Listed Building – Grade I
- Designated: 8 May 1950
- Reference no.: 1062486

= Angel and Royal =

Hotel in Grantham, Lincolnshire, in operation since 1203

The Angel and Royal is a hotel in Grantham, Lincolnshire, which has had a hotel on site since 1203, making it one of the oldest hotels in the world. The hotel is known to have hosted a large number of royals in the past.

==History==
Originally there was a hostel on the site which was named The Angel, this built by the Knights Templar in 1203 on the Great North Road, which at the time passed through the centre of Grantham. The hostelry was run by the Knights until their dissolution in 1312. The hostel started developing into a coaching inn over the years.

In 1812 the Inn was sold by Lord Brownlow to Sir William Manners, along with his other property in Grantham. In 2002 the hotel was purchased by Ashdale Hotels and underwent extensive renovation.

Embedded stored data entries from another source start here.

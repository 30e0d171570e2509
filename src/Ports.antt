-- ===== src/Ports.antt =====
-- src/allocation.rs, `PortAllocator`: the relay ports as a bitmap.
pub mod Bitmap
pub mod Word
pub mod Allocator
pub mod Effects
pub mod Outcome
pub mod Count
pub mod Calls
mod Tests
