-- ===== src/Ports/Tests.antt =====
-- Runs of the allocator of src/allocation.rs over a few ports, and the theorems applied to them.
use miuturn.Common.{ℕ, ◌≡◌, refl, [], ◌∷◌, none, some, true, false, arith}
use miuturn.Common.TestBit.{trailing_zeros}
use miuturn.Ports.Bitmap.{
  PortAllocator, new, choose, fallback, lowest_free, probe, allocate, release, is_allocated,
  available_count,
}
use miuturn.Ports.Allocator.{InRange}
use miuturn.Ports.Outcome.{Takes, Frees, allocate-Takes, allocate-none, release-Frees}
use miuturn.Ports.Count.{IsValid}
use miuturn.Ports.Calls.{take, give_back, run, step, run-IsValid, step-IsValid, new-IsValid}

-- Two ports, 49152 and 49153.
abbrev two_ports : PortAllocator
two_ports = new 49152 49153

two_ports-IsValid : IsValid two_ports
two_ports-IsValid = new-IsValid 49152 49153 (omega arith) (omega arith) (omega arith)

abbrev one_left : PortAllocator
one_left = step two_ports (take 0 0)

abbrev full : PortAllocator
full = step one_left (take 5 7)

one_left-IsValid : IsValid one_left
one_left-IsValid = step-IsValid two_ports (take 0 0) two_ports-IsValid

full-IsValid : IsValid full
full-IsValid = step-IsValid one_left (take 5 7) one_left-IsValid

first_port : (allocate two_ports 0 0).1 ≡ some 49152
unfolding allocate probe choose new
first_port = refl

second_port : (allocate one_left 5 7).1 ≡ some 49153
unfolding allocate probe choose fallback lowest_free trailing_zeros new step
second_port = refl

no_port : (allocate full 1 2).1 ≡ none
unfolding allocate probe choose fallback lowest_free trailing_zeros new step
no_port = refl

released_once : ((release full 49152).1 ≡ true) × ((release (release full 49152).0 49152).1 ≡ false)
unfolding allocate probe choose fallback lowest_free trailing_zeros new step release
released_once = (refl, refl)

none_available : available_count full ≡ 0
unfolding available_count allocate probe choose fallback lowest_free trailing_zeros new step
none_available = refl

-- Two exchanges fail: bit 3, then bit 0 are taken by others; bit 1 is left.
contended : choose 64 0 3 (8 ∷ 9 ∷ []) 0 ≡ some (1, 9)
unfolding choose fallback lowest_free trailing_zeros
contended = refl

allocate-Takes_example : Takes one_left 49153 (allocate one_left 5 7).0
allocate-Takes_example = allocate-Takes one_left 5 7 49153 one_left-IsValid.bitmap second_port

allocate-none_example :
    ((allocate full 1 2).0 ≡ full)
    × ((port : ℕ) → InRange full port → is_allocated full port ≡ true)
allocate-none_example = allocate-none full 1 2 full-IsValid.bitmap no_port

release-Frees_example : Frees full 49152 (release full 49152)
release-Frees_example = release-Frees full 49152 full-IsValid.bitmap

run-IsValid_example :
    IsValid (run (new 49152 49300) (take 1 2 ∷ take 3 4 ∷ give_back 49152 ∷ take 9 9 ∷ []))
run-IsValid_example =
    run-IsValid 49152 49300 (take 1 2 ∷ take 3 4 ∷ give_back 49152 ∷ take 9 9 ∷ []) (omega arith)
      (omega arith) (omega arith)
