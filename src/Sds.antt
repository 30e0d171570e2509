-- ===== src/Sds.antt =====
-- src/sds.rs: certificates that a control plane sends.
pub mod Types
pub mod Subscription
pub mod Extract
pub mod Watch
pub mod Selected
pub mod Acknowledged
mod Tests
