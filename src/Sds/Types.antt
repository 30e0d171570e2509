-- ===== src/Sds/Types.antt =====
-- src/proto: the messages that src/sds.rs reads and writes, and its results. The encoding of the
-- messages is that of a library.
use miuturn.Common.{ℕ, List, Option, Text}

-- A value, or an error as its text.
pub data Tried {ℓ} (A : Type ℓ) : Type ℓ where
  got : A → Tried A
  failed : Text → Tried A

infixl 5 ◌>>=◌
abbrev pub ◌>>=◌ {ℓ κ} : {A : Type ℓ} {B : Type κ} → Tried A → (A → Tried B) → Tried B
got a >>= f = f a
failed e >>= f = failed e

pub record Node : Type 0 where
  pub id : Text
  pub cluster : Text

pub record DiscoveryRequest : Type 0 where
  pub version_info : Text
  pub node : Option Node
  pub resource_names : List Text
  pub type_url : Text
  pub response_nonce : Text

-- `google.protobuf.Any`.
pub record ProtoAny : Type 0 where
  pub type_url : Text
  pub value : List ℕ

pub record DiscoveryResponse : Type 0 where
  pub version_info : Text
  pub resources : List ProtoAny
  pub type_url : Text
  pub nonce : Text

pub record DeltaDiscoveryRequest : Type 0 where
  pub node : Option Node
  pub type_url : Text
  pub resource_names_subscribe : List Text
  pub resource_names_unsubscribe : List Text
  pub initial_resource_versions : List (Text × Text)
  pub response_nonce : Text

pub record Resource : Type 0 where
  pub name : Text
  pub version : Text
  pub resource : Option ProtoAny

pub record DeltaDiscoveryResponse : Type 0 where
  pub system_version_info : Text
  pub resources : List Resource
  pub type_url : Text
  pub nonce : Text
  pub removed_resources : List Text

pub data Specifier : Type 0 where
  inline_string filename : Text → Specifier
  inline_bytes : List ℕ → Specifier

-- A source of data has its specifier, if one is set.
pub record TlsCertificate : Type 0 where
  pub certificate_chain : Option (Option Specifier)
  pub private_key : Option (Option Specifier)

pub record Secret : Type 0 where
  pub name : Text
  pub tls_certificate : Option TlsCertificate

pub record SdsCertificate : Type 0 where
  pub cert_pem : Text
  pub key_pem : Text
  pub version_info : Text
  pub nonce : Text

-- Functions of libraries and of the operating system: the decoding of a secret and of UTF-8, the
-- contents of a file, trimming of white space, the variable HOSTNAME and the file /etc/hostname.
pub record Host : Type 0 where
  pub decode_secret : List ℕ → Tried Secret
  pub from_utf8 : List ℕ → Tried Text
  pub read : Text → Tried (List ℕ)
  pub trim : Text → Text
  pub hostname_variable : Option Text
  pub etc_hostname : Option Text
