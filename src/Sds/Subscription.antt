-- ===== src/Sds/Subscription.antt =====
-- src/sds.rs: what is subscribed, and the requests.
use miuturn.Common.{ℕ, [], ◌∷◌, ◌++◌, Option, none, some, Bool, true, false, if◌then◌else◌, Text}
use miuturn.Common.Texts.{codes, same_text, is_empty}
use miuturn.Auth.Oauth.{after}
use miuturn.Config.Types.{CertificateConfig}
use miuturn.Sds.Types.{
  Tried, got, failed, ◌>>=◌, Node, DiscoveryRequest, DiscoveryResponse, DeltaDiscoveryRequest,
  DeltaDiscoveryResponse, Host,
}

abbrev pub secret_type_url : Text
secret_type_url = codes "type.googleapis.com/envoy.extensions.transport_sockets.tls.v3.Secret"

pub data XdsStreamApi : Type 0 where
  ads sds delta_ads delta_sds : XdsStreamApi

abbrev pub text_or : Text → Option Text → Text
text_or default none = default
text_or default (some s) = s

abbrev pub number_or : ℕ → Option ℕ → ℕ
number_or default none = default
number_or default (some n) = n

abbrev pub unsupported : Text → Text
unsupported other =
    codes "unsupported certificates.sds_api \""
    ++ (other ++ codes "\"; expected \"ads\", \"sds\", \"delta_ads\", or \"delta_sds\"")

unfoldable pub api_from_config : CertificateConfig → Tried XdsStreamApi
api_from_config config =
    let api = text_or (codes "ads") config.sds_api in
    if same_text api (codes "ads")
    then got ads
    else if same_text api (codes "sds")
    then got sds
    else if same_text api (codes "delta_ads")
    then got delta_ads
    else if same_text api (codes "delta_sds")
    then got delta_sds
    else failed (unsupported api)

unfoldable pub path : XdsStreamApi → Text
path ads = codes "/envoy.service.discovery.v3.AggregatedDiscoveryService/StreamAggregatedResources"
path sds = codes "/envoy.service.secret.v3.SecretDiscoveryService/StreamSecrets"
path delta_ads =
    codes "/envoy.service.discovery.v3.AggregatedDiscoveryService/DeltaAggregatedResources"
path delta_sds = codes "/envoy.service.secret.v3.SecretDiscoveryService/DeltaSecrets"

unfoldable pub api_as_str : XdsStreamApi → Text
api_as_str ads = codes "ads"
api_as_str sds = codes "sds"
api_as_str delta_ads = codes "delta_ads"
api_as_str delta_sds = codes "delta_sds"

unfoldable pub is_delta : XdsStreamApi → Bool
is_delta ads = false
is_delta sds = false
is_delta delta_ads = true
is_delta delta_sds = true

unfoldable pub normalize_endpoint : Text → Text
unfolding after
normalize_endpoint address = elim (after (codes "://") address) [
  | some rest ↦ address
  | none ↦ codes "http://" ++ address
]

-- A text that is not empty after it is trimmed.
abbrev pub trimmed : (Text → Text) → Option Text → Option Text
trimmed trim none = none
trimmed trim (some s) = if is_empty (trim s) then none else some (trim s)

abbrev pub or_else : Option Text → Option Text → Option Text
or_else none second = second
or_else (some s) second = some s

unfoldable pub system_hostname : Host → Option Text
system_hostname host =
    or_else (trimmed host.trim host.hostname_variable) (trimmed host.trim host.etc_hostname)

unfoldable pub configured_or_hostname : Host → Option Text → Text
unfolding system_hostname
configured_or_hostname host configured =
    text_or (codes "miuturn") (or_else (trimmed host.trim configured) (system_hostname host))

-- The timeout is in seconds.
pub record SdsSubscription : Type 0 where
  pub endpoint : Text
  pub api : XdsStreamApi
  pub resource_name : Text
  pub node : Node
  pub timeout : ℕ

abbrev pub ok_or : Text → Option Text → Tried Text
ok_or message none = failed message
ok_or message (some s) = got s

unfoldable pub subscription_from_config : Host → CertificateConfig → Tried SdsSubscription
unfolding api_from_config normalize_endpoint configured_or_hostname
subscription_from_config host config =
    ok_or (codes "certificates.sds_address is required for source=\"sds\"") config.sds_address
    >>= (λ address.
        ok_or (codes "certificates.sds_resource_name is required for source=\"sds\"")
          config.sds_resource_name
        >>= (λ resource_name. api_from_config config >>= (λ api. got (record {
          endpoint = normalize_endpoint address;
          api = api;
          resource_name = resource_name;
          node = record {
            id = configured_or_hostname host config.sds_node_id;
            cluster = text_or [] config.sds_cluster;
          };
          timeout = number_or 10 config.sds_timeout_secs;
        }))))

unfoldable pub initial_sotw_request : SdsSubscription → DiscoveryRequest
initial_sotw_request s = record {
  version_info = [];
  node = some s.node;
  resource_names = s.resource_name ∷ [];
  type_url = secret_type_url;
  response_nonce = [];
}

unfoldable pub ack_sotw_request : SdsSubscription → DiscoveryResponse → DiscoveryRequest
ack_sotw_request s response = record {
  version_info = response.version_info;
  node = some s.node;
  resource_names = s.resource_name ∷ [];
  type_url = secret_type_url;
  response_nonce = response.nonce;
}

unfoldable pub initial_delta_request : SdsSubscription → DeltaDiscoveryRequest
initial_delta_request s = record {
  node = some s.node;
  type_url = secret_type_url;
  resource_names_subscribe = s.resource_name ∷ [];
  resource_names_unsubscribe = [];
  initial_resource_versions = [];
  response_nonce = [];
}

unfoldable pub ack_delta_request : SdsSubscription → DeltaDiscoveryResponse → DeltaDiscoveryRequest
ack_delta_request s response = record {
  node = some s.node;
  type_url = secret_type_url;
  resource_names_subscribe = [];
  resource_names_unsubscribe = [];
  initial_resource_versions = [];
  response_nonce = response.nonce;
}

In 2019 the hotel was sold to a local businessman and has traded as an independent hotel since. In November 2025 it was awarded 3 stars by the AA.

===Royal visits===
A number of English royals are known to have stayed at The Angel. The first to stay was King John, who held court at the hotel on 23 February 1213. Edward III and Queen Philippa stayed at the hotel in the 14th century; their heads are carved on the front of the building.

On 19 October 1483 Richard III held court at the inn. It was from the "Chambre de' Roi" that he sent a letter requesting for the Great Seal to issue the death warrant against his cousin, Henry Stafford, 2nd Duke of Buckingham for his instigation of Buckingham's rebellion. Copies of the letter, the original of which is kept by the British Museum, are displayed in the hotel's dining room.

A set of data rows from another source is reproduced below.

-- ===== src/Sds/Extract.antt =====
-- src/sds.rs: the certificate in a response.
use miuturn.Common.{
  List, [], ◌∷◌, ◌++◌, Option, none, some, Bool, true, false, ◌||◌, if◌then◌else◌, Text,
}
use miuturn.Common.Texts.{codes, same_text, is_empty}
use miuturn.Sds.Types.{
  Tried, got, failed, ◌>>=◌, ProtoAny, DiscoveryResponse, Resource, DeltaDiscoveryResponse,
  Specifier, inline_string, filename, inline_bytes, Secret, SdsCertificate, Host,
}
use miuturn.Sds.Subscription.{secret_type_url}

-- What the loops over the resources found: nothing, or the texts and the version of the resource.
abbrev pub Found : Type 0
Found = Option (Text × Text)

abbrev pub any_name : Text → List Text → Bool
any_name name [] = false
any_name name (n ∷ names) = same_text n name || any_name name names

module _ (host : Host) where
  unfoldable pub data_source_to_string : Option (Option Specifier) → Text → Tried Text
  data_source_to_string none field_name =
      failed (codes "SDS " ++ (field_name ++ codes " is missing"))
  data_source_to_string (some none) field_name =
      failed (codes "SDS " ++ (field_name ++ codes " has no data source specifier"))
  data_source_to_string (some (some (inline_string value))) field_name = got value
  data_source_to_string (some (some (inline_bytes value))) field_name = host.from_utf8 value
  data_source_to_string (some (some (filename p))) field_name = host.read p >>= host.from_utf8

  unfoldable pub extract_certificate_from_secret : Secret → Tried (Text × Text)
  unfolding data_source_to_string
  extract_certificate_from_secret secret = elim secret.tls_certificate [
    | none ↦ failed (codes "SDS secret \"" ++ (secret.name ++ codes "\" is not a TLS certificate"))
    | some tls ↦
        data_source_to_string tls.certificate_chain (codes "tls_certificate.certificate_chain")
        >>= (λ cert_chain.
            data_source_to_string tls.private_key (codes "tls_certificate.private_key")
            >>= (λ private_key. got (cert_chain, private_key)))
  ]

  -- The loop over the resources of a response.
  unfoldable pub search_resources : Text → List ProtoAny → Tried Found
  unfolding extract_certificate_from_secret
  search_resources resource_name [] = got none
  search_resources resource_name (resource ∷ resources) =
      let rest = search_resources resource_name resources in
      elim (same_text resource.type_url secret_type_url) [
        | false ↦ rest
        | true ↦ host.decode_secret resource.value >>= (λ secret.
            elim (same_text secret.name resource_name) [
              | false ↦ rest
              | true ↦ extract_certificate_from_secret secret >>= (λ pems. got (some pems))
            ])
      ]

  abbrev pub sotw_certificate : DiscoveryResponse → Found → Option SdsCertificate
  sotw_certificate response none = none
  sotw_certificate response (some (cert_pem, key_pem)) = some (record {
    cert_pem = cert_pem;
    key_pem = key_pem;
    version_info = response.version_info;
    nonce = response.nonce;
  })

  unfoldable pub try_extract_certificate_from_sotw_response :
      DiscoveryResponse → Text → Tried (Option SdsCertificate)
  unfolding search_resources
  try_extract_certificate_from_sotw_response response resource_name =
      elim (same_text response.type_url secret_type_url) [
        | false ↦ failed (
            codes "unexpected SDS DiscoveryResponse type_url \""
            ++ (response.type_url ++ codes "\""))
        | true ↦
            search_resources resource_name response.resources
            >>= (λ found. got (sotw_certificate response found))
      ]

  -- The version is that of the resource, if it has one.
  abbrev pub version_of : DeltaDiscoveryResponse → Resource → Text
  version_of response resource =
      if is_empty resource.version then response.system_version_info else resource.version

  unfoldable pub search_delta_resources :
      DeltaDiscoveryResponse → Text → List Resource → Tried (Option SdsCertificate)
  unfolding extract_certificate_from_secret
  search_delta_resources response resource_name [] = got none
  search_delta_resources response resource_name (resource ∷ resources) =
      let rest = search_delta_resources response resource_name resources in
      elim resource.resource [
        | none ↦ rest
        | some payload ↦ elim (same_text payload.type_url secret_type_url) [
          | false ↦ rest
          | true ↦ host.decode_secret payload.value >>= (λ secret.
              elim (same_text resource.name resource_name || same_text secret.name resource_name) [
                | false ↦ rest
                | true ↦ extract_certificate_from_secret secret >>= (λ pems. got (
                    some (record {
                      cert_pem = pems.0;
                      key_pem = pems.1;
                      version_info = version_of response resource;
                      nonce = response.nonce;
                    })))
              ])
        ]
      ]

  unfoldable pub try_extract_certificate_from_delta_response :
      DeltaDiscoveryResponse → Text → Tried (Option SdsCertificate)
  unfolding search_delta_resources
  try_extract_certificate_from_delta_response response resource_name =
      elim (same_text response.type_url secret_type_url) [
        | false ↦ failed (
            codes "unexpected Delta SDS DiscoveryResponse type_url \""
            ++ (response.type_url ++ codes "\""))
        | true ↦ elim (any_name resource_name response.removed_resources) [
          | true ↦ got none
          | false ↦ search_delta_resources response resource_name response.resources
        ]
      ]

After this, the next royal to visit was Charles I who stayed on 17 May 1633 to receive homage from the alderman of Grantham at the time, Henry Ferman. Oliver Cromwell, fighting against Charles, quartered troops at The Angel in 1643 during the English Civil War, after a successful battle near Grantham. George IV stayed on a number of occasions in the 19th century. Edward VII, who was the Prince of Wales at the time, stayed in 1866.

===Construction===
The Angel and Royal consists of a number of buildings surrounding an internal courtyard open at both ends, to allow the passage of coach and horses when the hotel still operated as a coaching inn.

The arched doorway at the front of the building is the oldest part of the facade, originating from the 14th century, as do parts of the courtyard buildings. The heads of Edward III and Philippa are carved on the corbels on either side, underneath an oriel window. Directly under the window is a gold-painted carved wooden figure of an angel. The rest of the facade is approximately a century newer. The front of the building is built of ashlar blocks of locally sourced oolite.

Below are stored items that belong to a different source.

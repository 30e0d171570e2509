-- ===== src/Sds/Watch.antt =====
-- src/sds.rs: fetching a certificate once, and watching for new ones. What arrives on a stream is an
-- argument: responses, each with the outcome of sending the request that follows it.
use miuturn.Common.{List, [], ◌∷◌, ◌++◌, Option, none, some, true, false, Text}
use miuturn.Common.Texts.{codes, print}
use miuturn.Config.Types.{CertificateConfig}
use miuturn.Sds.Types.{
  Tried, got, failed, ◌>>=◌, DiscoveryRequest, DiscoveryResponse, DeltaDiscoveryRequest,
  DeltaDiscoveryResponse, SdsCertificate, Host,
}
use miuturn.Sds.Subscription.{
  SdsSubscription, subscription_from_config, is_delta, initial_sotw_request, ack_sotw_request,
  initial_delta_request, ack_delta_request,
}
use miuturn.Sds.Extract.{
  try_extract_certificate_from_sotw_response, try_extract_certificate_from_delta_response,
}

-- The rest of a stream: its end, nothing more for as long as anyone waits, an error, or a response.
pub data Stream (R : Type 0) : Type 0 where
  closed silent : Stream R
  broken : Text → Stream R
  message : R → Tried (Unit {0}) → Stream R → Stream R

-- The requests that were sent, the certificates that were passed on, and how it ended, if it did.
pub record Watched (Q : Type 0) : Type 0 where
  pub requests : List Q
  pub updates : List SdsCertificate
  pub ended : Option Text

module _ {R Q : Type 0} (ack : R → Q) where
  -- What a watch does with a response, given what it does with the rest of the stream.
  abbrev pub after_response :
      (SdsCertificate → Tried (Unit {0}))
      → Watched Q
      → R
      → Tried (Unit {0})
      → Tried (Option SdsCertificate)
      → Watched Q
  after_response on_update after r sent (failed e) = record {
    requests = [];
    updates = [];
    ended = some e;
  }
  after_response on_update after r sent (got none) = elim sent [
    | failed e ↦ record { requests = []; updates = []; ended = some e }
    | got u ↦ record after { requests = ack r ∷ after.requests }
  ]
  after_response on_update after r sent (got (some certificate)) = elim (on_update certificate) [
    | failed e ↦ record { requests = []; updates = certificate ∷ []; ended = some e }
    | got v ↦ elim sent [
      | failed e ↦ record { requests = []; updates = certificate ∷ []; ended = some e }
      | got u ↦ record {
        requests = ack r ∷ after.requests;
        updates = certificate ∷ after.updates;
        ended = after.ended;
      }
    ]
  ]

module _ {R Q : Type 0} (extract : R → Tried (Option SdsCertificate)) (ack : R → Q)
    (closed_text : Text) where
  -- The loop `wait_for_certificate`: what it sends and its result, if it has one.
  unfoldable pub wait_for_certificate : Stream R → List Q × Option (Tried SdsCertificate)
  wait_for_certificate closed = ([], some (failed closed_text))
  wait_for_certificate silent = ([], none)
  wait_for_certificate (broken e) = ([], some (failed e))
  wait_for_certificate (message r sent rest) =
      let (acks, result) = wait_for_certificate rest in
      elim (extract r) [
        | failed e ↦ ([], some (failed e))
        | got (some certificate) ↦ ([], some (got certificate))
        | got none ↦ elim sent [ failed e ↦ ([], some (failed e)) | got u ↦ (ack r ∷ acks, result) ]
      ]

  -- The loop of a watch.
  unfoldable pub watch_responses : (SdsCertificate → Tried (Unit {0})) → Stream R → Watched Q
  watch_responses on_update closed = record {
    requests = [];
    updates = [];
    ended = some closed_text;
  }
  watch_responses on_update silent = record { requests = []; updates = []; ended = none }
  watch_responses on_update (broken e) = record { requests = []; updates = []; ended = some e }
  watch_responses on_update (message r sent rest) =
      after_response ack on_update (watch_responses on_update rest) r sent (extract r)

-- A wait without a result ends with the timeout.
abbrev pub timed : Text → SdsSubscription → Option (Tried SdsCertificate) → Tried SdsCertificate
timed what s (some result) = result
timed what s none =
    failed
      (codes "timed out after " ++ (print s.timeout ++ (what ++ (s.resource_name ++ codes "\""))))

module _ (host : Host) where
  unfoldable pub fetch_sotw_sds_certificate_update :
      SdsSubscription
      → Tried (Stream DiscoveryResponse)
      → List DiscoveryRequest × Tried SdsCertificate
  unfolding wait_for_certificate print
  fetch_sotw_sds_certificate_update s (failed e) = ([], failed e)
  fetch_sotw_sds_certificate_update s (got stream) =
      let (acks, result) =
        wait_for_certificate
          (λ r. try_extract_certificate_from_sotw_response host r s.resource_name)
          (ack_sotw_request s) (codes "SDS stream closed before sending the requested Secret")
          stream in
      (initial_sotw_request s ∷ acks, timed (codes "s waiting for SDS resource \"") s result)

  unfoldable pub fetch_delta_sds_certificate_update :
      SdsSubscription
      → Tried (Stream DeltaDiscoveryResponse)
      → List DeltaDiscoveryRequest × Tried SdsCertificate
  unfolding wait_for_certificate print
  fetch_delta_sds_certificate_update s (failed e) = ([], failed e)
  fetch_delta_sds_certificate_update s (got stream) =
      let (acks, result) =
        wait_for_certificate
          (λ r. try_extract_certificate_from_delta_response host r s.resource_name)
          (ack_delta_request s)
          (codes "Delta SDS stream closed before sending the requested Secret") stream in
      (initial_delta_request s ∷ acks, timed (codes "s waiting for Delta SDS resource \"") s result)

  unfoldable pub watch_sotw_sds_certificates_once :
      SdsSubscription
      → (SdsCertificate → Tried (Unit {0}))
      → Tried (Stream DiscoveryResponse)
      → Watched DiscoveryRequest
  unfolding watch_responses
  watch_sotw_sds_certificates_once s on_update (failed e) = record {
    requests = [];
    updates = [];
    ended = some e;
  }
  watch_sotw_sds_certificates_once s on_update (got stream) =
      let w =
        watch_responses (λ r. try_extract_certificate_from_sotw_response host r s.resource_name)
          (ack_sotw_request s) (codes "SDS stream closed") on_update stream in
      record w { requests = initial_sotw_request s ∷ w.requests }

  unfoldable pub watch_delta_sds_certificates_once :
      SdsSubscription
      → (SdsCertificate → Tried (Unit {0}))
      → Tried (Stream DeltaDiscoveryResponse)
      → Watched DeltaDiscoveryRequest
  unfolding watch_responses
  watch_delta_sds_certificates_once s on_update (failed e) = record {
    requests = [];
    updates = [];
    ended = some e;
  }
  watch_delta_sds_certificates_once s on_update (got stream) =
      let w =
        watch_responses (λ r. try_extract_certificate_from_delta_response host r s.resource_name)
          (ack_delta_request s) (codes "Delta SDS stream closed") on_update stream in
      record w { requests = initial_delta_request s ∷ w.requests }

  -- What each interface of the control plane gives on an attempt to open its stream.
  abbrev pub Attempt : Type 0
  Attempt = Tried (Stream DiscoveryResponse) × Tried (Stream DeltaDiscoveryResponse)

  unfoldable pub fetch_sds_certificate_update : CertificateConfig → Attempt → Tried SdsCertificate
  unfolding subscription_from_config is_delta fetch_sotw_sds_certificate_update
      fetch_delta_sds_certificate_update
  fetch_sds_certificate_update config (sotw, delta) = subscription_from_config host config >>= (λ s.
      elim (is_delta s.api) [
        | true ↦ (fetch_delta_sds_certificate_update s delta).1
        | false ↦ (fetch_sotw_sds_certificate_update s sotw).1
      ])

  unfoldable pub fetch_sds_certificate : CertificateConfig → Attempt → Tried (Text × Text)
  unfolding fetch_sds_certificate_update
  fetch_sds_certificate config attempt =
      fetch_sds_certificate_update config attempt >>= (λ c. got (c.cert_pem, c.key_pem))

  -- The loop that opens a stream again when one has ended, for the attempts that are given. One that
  -- does not end is the last. The result is the certificates that were passed on.
  unfoldable pub watch_attempts :
      SdsSubscription → (SdsCertificate → Tried (Unit {0})) → List Attempt → List SdsCertificate
  unfolding is_delta watch_sotw_sds_certificates_once watch_delta_sds_certificates_once
  watch_attempts s on_update [] = []
  watch_attempts s on_update ((sotw, delta) ∷ attempts) =
      let rest = watch_attempts s on_update attempts in
      let (updates, ended) = elim (is_delta s.api) as (λ x. List SdsCertificate × Option Text) [
        | true ↦ let w = watch_delta_sds_certificates_once s on_update delta in (w.updates, w.ended)
        | false ↦ let w = watch_sotw_sds_certificates_once s on_update sotw in (w.updates, w.ended)
      ] in
      elim ended [ none ↦ updates | some e ↦ updates ++ rest ]

  unfoldable pub watch_sds_certificates :
      CertificateConfig
      → (SdsCertificate → Tried (Unit {0}))
      → List Attempt
      → Tried (List SdsCertificate)
  unfolding subscription_from_config watch_attempts
  watch_sds_certificates config on_update attempts =
      subscription_from_config host config >>= (λ s. got (watch_attempts s on_update attempts))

The "Chambre de' Roi", Richard III's room for his stay at the inn, covers the whole of the first floor with the two mullioned bay windows for both ground and first floors at either end.

===Name===
The 'Angel' part of the hotel's name comes from the gold-painted wooden demi-angels at the front of the building, holding the crown of Richard III. Despite the many royal visits in previous centuries, the "and Royal" suffix was only added to the name in 1866, when the inn was visited by the future King Edward VII (though he was Prince of Wales at the time).